Augmented image rendering

We use augmented-reality techniques to render and blend virtual objects (for example, vehicles) onto the camera view of the ego vehicle. Given a background three-dimensional model with its 6 degrees of freedom pose/location in the world coordinate, we perform a two-stage transformation to project the model to the onboard camera image: (1) from the world coordinate to the ego-vehicle coordinate, and (2) from the ego-vehicle coordinate to the onboard camera coordinate. In the first transformation, the ego vehicle pose and location are obtained from the real-time signal of the onboard high-precision real-time kinematic positioning (RTK). In the second transformation, the projection is based on the pre-calibrated camera intrinsic and extrinsic. We also perform relighting on the rendered layer to harmonize the visual quality of the blending result. The augmented view is generated based on a linear blending with the rendered foreground layer, the camera’s background layer and the rendered alpha matte. On top of the blending result, a weather-control layer is further added to simulate different weather conditions, for example, rain, snow and fog. We implemented the augmented rendering based on pyrender53. An additional validation of the augmented image rendering can be found in Supplementary Section 4f.

AV under test

As the AV under test, we used a retrofitted Lincoln MKZ from the Mcity Test Facility at the University of Michigan, Ann Arbor. The vehicle was equipped with multiple sensors, computing resources (two Nexcom Lumina) and with drive-by-wire capabilities provided by Dataspeed Inc.
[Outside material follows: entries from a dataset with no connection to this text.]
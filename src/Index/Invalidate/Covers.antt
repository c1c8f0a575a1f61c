-- ===== src/Index/Invalidate/Covers.antt =====
-- What the loop clears, and what it leaves as it was.
use quick_find.Prelude.{
  ℕ, zero, suc, ◌≡◌, ◌≢◌, ◌⊎◌, inl, inr, refl, sym, ◌∙◌, true, none, some, List, [], ◌∷◌, arith,
  ◌==◌, ==_iff, Bool-cases, Option-cases, Any, subst, ap,
}
use quick_find.Dict.{get, put, nat_eq, get-put_self, get-put_ne}
use quick_find.Index.{FileEntry, DriveEntries, invalidate_path}
use quick_find.Index.Invalidate.{children_of, extend, invalidate_loop, invalidate_subtree_paths}

abbrev pub In : ℕ → List ℕ → Type 0
In x xs = Any (λ y. y ≡ x) xs

pub In-extend : (x : ℕ) (xs stack : List ℕ) → In x xs ⊎ In x stack → In x (extend xs stack)
unfolding extend
In-extend x [] stack (inl i) = absurd i
In-extend x [] stack (inr i) = i
In-extend x (y ∷ xs) stack (inl (inl e)) = In-extend x xs (y ∷ stack) (inr (inl e))
In-extend x (y ∷ xs) stack (inl (inr i)) = In-extend x xs (y ∷ stack) (inl i)
In-extend x (y ∷ xs) stack (inr i) = In-extend x xs (y ∷ stack) (inr (inr i))

pub In-children_of :
    (d : DriveEntries) (c : ℕ) (e : FileEntry)
    → get d c ≡ some e
    → In c (children_of d e.parent_frn)
unfolding children_of get
In-children_of [] c e h = cc
In-children_of ((k, a) ∷ d) c e h = elim (Bool-cases (k == c)) [
  | inl same ↦
      let k-is : k ≡ c = (==_iff k c).0 same in
      let a-is : a ≡ e = ground arith in
      let p-is : (a.parent_frn == e.parent_frn) ≡ true =
        (==_iff _ _).1 (ap (λ (b : FileEntry). b.parent_frn) a-is) in
      rw p-is (inl k-is)
  | inr other ↦
      let ih = In-children_of d c e (ground arith) in
      elim (Bool-cases (a.parent_frn == e.parent_frn)) [
        | inl child ↦ rw child (inr ih)
        | inr not_child ↦ rw not_child ih
      ]
]

-- The entries below `x`, by their parents, and `x` itself.
pub data Under (d : DriveEntries) : ℕ → ℕ → Type 0 where
  self : {x : ℕ} → Under d x x
  down :
      {c x y : ℕ} (e : FileEntry) → get d c ≡ some e → e.parent_frn ≡ x → Under d c y → Under d x y

pub Under-snoc :
    {d : DriveEntries} {x m y : ℕ} (e : FileEntry)
    → Under d x m
    → get d y ≡ some e
    → e.parent_frn ≡ m
    → Under d x y
Under-snoc e self h p = down e h p self
Under-snoc e (down a g q u) h p = down a g q (Under-snoc e u h p)

abbrev pub Cleared : DriveEntries → ℕ → Type 0
Cleared d y = (e : FileEntry) → get d y ≡ some e → e.path ≡ none

-- `d'` has the entries of `d`, some of them with their cached path cleared.
abbrev pub Touched : DriveEntries → DriveEntries → Type 0
Touched d d' =
    (k : ℕ)
    → ((get d' k ≡ get d k)
        ⊎ ((e : FileEntry) × (get d k ≡ some e) × (get d' k ≡ some (invalidate_path e))))

pub Touched-put :
    (d : DriveEntries) (x : ℕ) (e : FileEntry)
    → get d x ≡ some e
    → Touched d (put d x (invalidate_path e))
Touched-put d x e h k = elim (Bool-cases (x == k)) [
  | inl same ↦
      let x-is : x ≡ k = (==_iff x k).0 same in
      inr (e, rw (← x-is) h, rw (← x-is) (get-put_self d x (invalidate_path e)))
  | inr other ↦ inl (get-put_ne d x k (invalidate_path e) (λ q. cc (other, (==_iff x k).1 q)))
]

pub Touched-trans : (a b c : DriveEntries) → Touched a b → Touched b c → Touched a c
unfolding invalidate_path
Touched-trans a b c f g k = both (f k) (g k)
  where
    both :
        (get b k ≡ get a k)
          ⊎ ((e : FileEntry) × (get a k ≡ some e) × (get b k ≡ some (invalidate_path e)))
        → (get c k ≡ get b k)
          ⊎ ((e : FileEntry) × (get b k ≡ some e) × (get c k ≡ some (invalidate_path e)))
        → (get c k ≡ get a k)
          ⊎ ((e : FileEntry) × (get a k ≡ some e) × (get c k ≡ some (invalidate_path e)))
    both (inl p) (inl q) = inl (q ∙ p)
    both (inl p) (inr (e, x, y)) = inr (e, sym p ∙ x, y)
    both (inr (e, x, y)) (inl q) = inr (e, x, q ∙ y)
    both (inr (e, x, y)) (inr (e', x', y')) = inr (e, x, cc)

Touched-Cleared : (d d' : DriveEntries) (y : ℕ) → Touched d d' → Cleared d y → Cleared d' y
unfolding invalidate_path
Touched-Cleared d d' y t c e h = split (t y)
  where
    split :
        (get d' y ≡ get d y)
          ⊎ ((a : FileEntry) × (get d y ≡ some a) × (get d' y ≡ some (invalidate_path a)))
        → e.path ≡ none
    split (inl p) = c e (sym p ∙ h)
    split (inr (a, x, z)) = cc

pub extend-In : (x : ℕ) (xs stack : List ℕ) → In x (extend xs stack) → In x xs ⊎ In x stack
unfolding extend
extend-In x [] stack i = inr i
extend-In x (y ∷ xs) stack i = split (extend-In x xs (y ∷ stack) i)
  where
    split : In x xs ⊎ (y ≡ x) ⊎ In x stack → ((y ≡ x) ⊎ In x xs) ⊎ In x stack
    split (inl j) = inl (inr j)
    split (inr (inl e)) = inl (inl e)
    split (inr (inr j)) = inr j

abbrev pub IsEntry : DriveEntries → ℕ → Type 0
IsEntry d x = (e : FileEntry) × (get d x ≡ some e)

IsEntry-cons :
    (k : ℕ) (a : FileEntry) (d : DriveEntries) (x : ℕ) → IsEntry d x → IsEntry ((k, a) ∷ d) x
unfolding get
IsEntry-cons k a d x (e, h) = elim (Bool-cases (k == x)) [
  | inl same ↦ (a, rw same)
  | inr other ↦ (e, rw other h)
]

pub children_of-IsEntry : (d : DriveEntries) (c p : ℕ) → In c (children_of d p) → IsEntry d c
unfolding children_of get
children_of-IsEntry [] c p i = absurd i
children_of-IsEntry ((k, a) ∷ d) c p i = elim (Bool-cases (a.parent_frn == p)) [
  | inl child ↦ first (rw child at i) (children_of-IsEntry d c p)
  | inr not_child ↦ IsEntry-cons k a d c (children_of-IsEntry d c p (rw not_child at i))
]
  where
    first :
        (k ≡ c) ⊎ In c (children_of d p)
        → (In c (children_of d p) → IsEntry d c)
        → IsEntry ((k, a) ∷ d) c
    first (inl e) later = (a, rw ((==_iff k c).1 e))
    first (inr j) later = IsEntry-cons k a d c (later j)

abbrev Covers : DriveEntries → List ℕ → DriveEntries → Type 0
Covers d stack d' = (x y : ℕ) → In x stack → Under d x y → Cleared d' y

-- One round: the entry on top is cleared, and its children are covered by the rest of the loop.
module _ (d₀ : DriveEntries) (stack : List ℕ) (d d' : DriveEntries) (x : ℕ) (e : FileEntry) where
  abbrev after : DriveEntries
  after = put d x (invalidate_path e)

  Cleared-after : Cleared after x
  unfolding invalidate_path
  Cleared-after a h =
      let same : some (invalidate_path e) ≡ some a =
        sym (get-put_self d x (invalidate_path e)) ∙ h in
      cc

  Covers-round :
      get d x ≡ some e
      → Covers d₀ (extend (children_of d₀ x) stack) d' × Touched after d'
      → Covers d₀ (x ∷ stack) d' × Touched d d'
  Covers-round g (covers, touched) =
      (λ z y i u. cover z y i u, Touched-trans d after d' (Touched-put d x e g) touched)
    where
      below : (y : ℕ) → Under d₀ x y → Cleared d' y
      below y self = Touched-Cleared after d' y touched Cleared-after
      below y (down {c = c} a q p u) =
          covers c y
            (In-extend c (children_of d₀ x) stack
              (inl (subst (λ z. In c (children_of d₀ z)) p (In-children_of d₀ c a q))))
            u

      cover : (z y : ℕ) → In z (x ∷ stack) → Under d₀ z y → Cleared d' y
      cover z y (inl q) u = below y (subst (λ w. Under d₀ w y) (sym q) u)
      cover z y (inr i) u = covers z y (In-extend z (children_of d₀ x) stack (inr i)) u

pub Touched-none :
    (d d' : DriveEntries) (x : ℕ) (e : FileEntry)
    → Touched d d'
    → get d x ≡ some e
    → get d' x ≢ none
Touched-none d d' x e t h n = split (t x)
  where
    split :
        (get d' x ≡ get d x)
          ⊎ ((a : FileEntry) × (get d x ≡ some a) × (get d' x ≡ some (invalidate_path a)))
        → ⊥
    split (inl p) = cc
    split (inr (a, y, z)) = cc

pub IsEntry-extend :
    (d : DriveEntries) (x : ℕ) (stack : List ℕ)
    → ((y : ℕ) → In y (x ∷ stack) → IsEntry d y)
    → (y : ℕ) → In y (extend (children_of d x) stack)
    → IsEntry d y
IsEntry-extend d x stack known y i = split (extend-In y (children_of d x) stack i)
  where
    split : In y (children_of d x) ⊎ In y stack → IsEntry d y
    split (inl j) = children_of-IsEntry d y x j
    split (inr j) = known y (inr j)

loop-Covers :
    (f : ℕ) (d₀ : DriveEntries) (stack : List ℕ) (d d' : DriveEntries)
    → invalidate_loop f (λ p. children_of d₀ p) stack d ≡ some d'
    → Touched d₀ d
    → ((x : ℕ) → In x stack → IsEntry d₀ x)
    → Covers d₀ stack d' × Touched d d'
unfolding invalidate_loop
loop-Covers zero d₀ stack d d' h t known = cc
loop-Covers (suc f) d₀ [] d d' h t known =
    let same : d ≡ d' = cc in
    (λ x y i u. absurd i, λ k. inl (ap (λ (a : DriveEntries). get a k) (sym same)))
loop-Covers (suc f) d₀ (x ∷ stack) d d' h t known = elim (Option-cases (get d x)) [
  | inl missing ↦ let (e, g) = known x (inl refl) in absurd (Touched-none d₀ d x e t g missing)
  | inr (e, g) ↦ Covers-round d₀ stack d d' x e g (
      loop-Covers f d₀ (extend (children_of d₀ x) stack) (put d x (invalidate_path e)) d'
        (rw (g, invalidate_loop) at h)
        (Touched-trans d₀ d (put d x (invalidate_path e)) t (Touched-put d x e g))
        (IsEntry-extend d₀ x stack known))
]

-- If the loop below a directory ends, every entry strictly below the directory has lost its cached
-- path, and every entry of the drive is as it was, or as it was but for a cleared path.
pub invalidate_subtree_paths-Covers :
    (f : ℕ) (d : DriveEntries) (root : ℕ) {d' : DriveEntries}
    → invalidate_subtree_paths f d root ≡ some d'
    → ((c y : ℕ) (e : FileEntry)
        → get d c ≡ some e
        → e.parent_frn ≡ root
        → Under d c y
        → Cleared d' y)
      × Touched d d'
unfolding invalidate_subtree_paths
invalidate_subtree_paths-Covers f d root {d'} h =
    let all = loop-Covers f d (extend (children_of d root) []) d d' h (λ k. inl refl) entries in
    (
      λ c y e g p u.
          all.0 c y
            (In-extend c (children_of d root) []
              (inl (subst (λ z. In c (children_of d z)) p (In-children_of d c e g))))
            u,
      all.1,
    )
  where
    entries : (y : ℕ) → In y (extend (children_of d root) []) → IsEntry d y
    entries y i = split (extend-In y (children_of d root) [] i)
      where
        split : In y (children_of d root) ⊎ In y [] → IsEntry d y
        split (inl j) = children_of-IsEntry d y root j
        split (inr j) = absurd j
Specifically, the sensors include a PointGrey camera, a Velodyne 32-channel LiDAR, Delphi radars, OTXS RT3003 RTK GPS, Xsens MTi GPS/inertial measurement unit and so on. We implemented the vehicle with a Robot Operating System-based open-source software, Autoware.AI23, which provides full-stack software for the highly automated driving functions, including localization, perception, planning, control and so on. We then integrated the AV with the augmented-reality testing platform to evaluate the AV’s safety performance. An illustration of the system framework can be found in Supplementary Information. Specifically, we modified the AV localization component to utilize the high-definition map and high-accuracy RTK for obtaining the current pose and velocity. The surrounding vehicles’ BSMs were directly obtained from the simulation through wireless communications. To generate the AV’s future trajectory, we applied the OpenPlanner 1.1354 as the decision module, an advanced planning algorithm including global and local path planning. We applied the pure pursuit algorithm to convert the planned trajectory into the velocity and yaw rate and then used a proportional–integral–derivative controller provided by Dataspeed Inc. to further convert them into the vehicle by-wire control commands, that is, steering angle, throttle and brake percentages.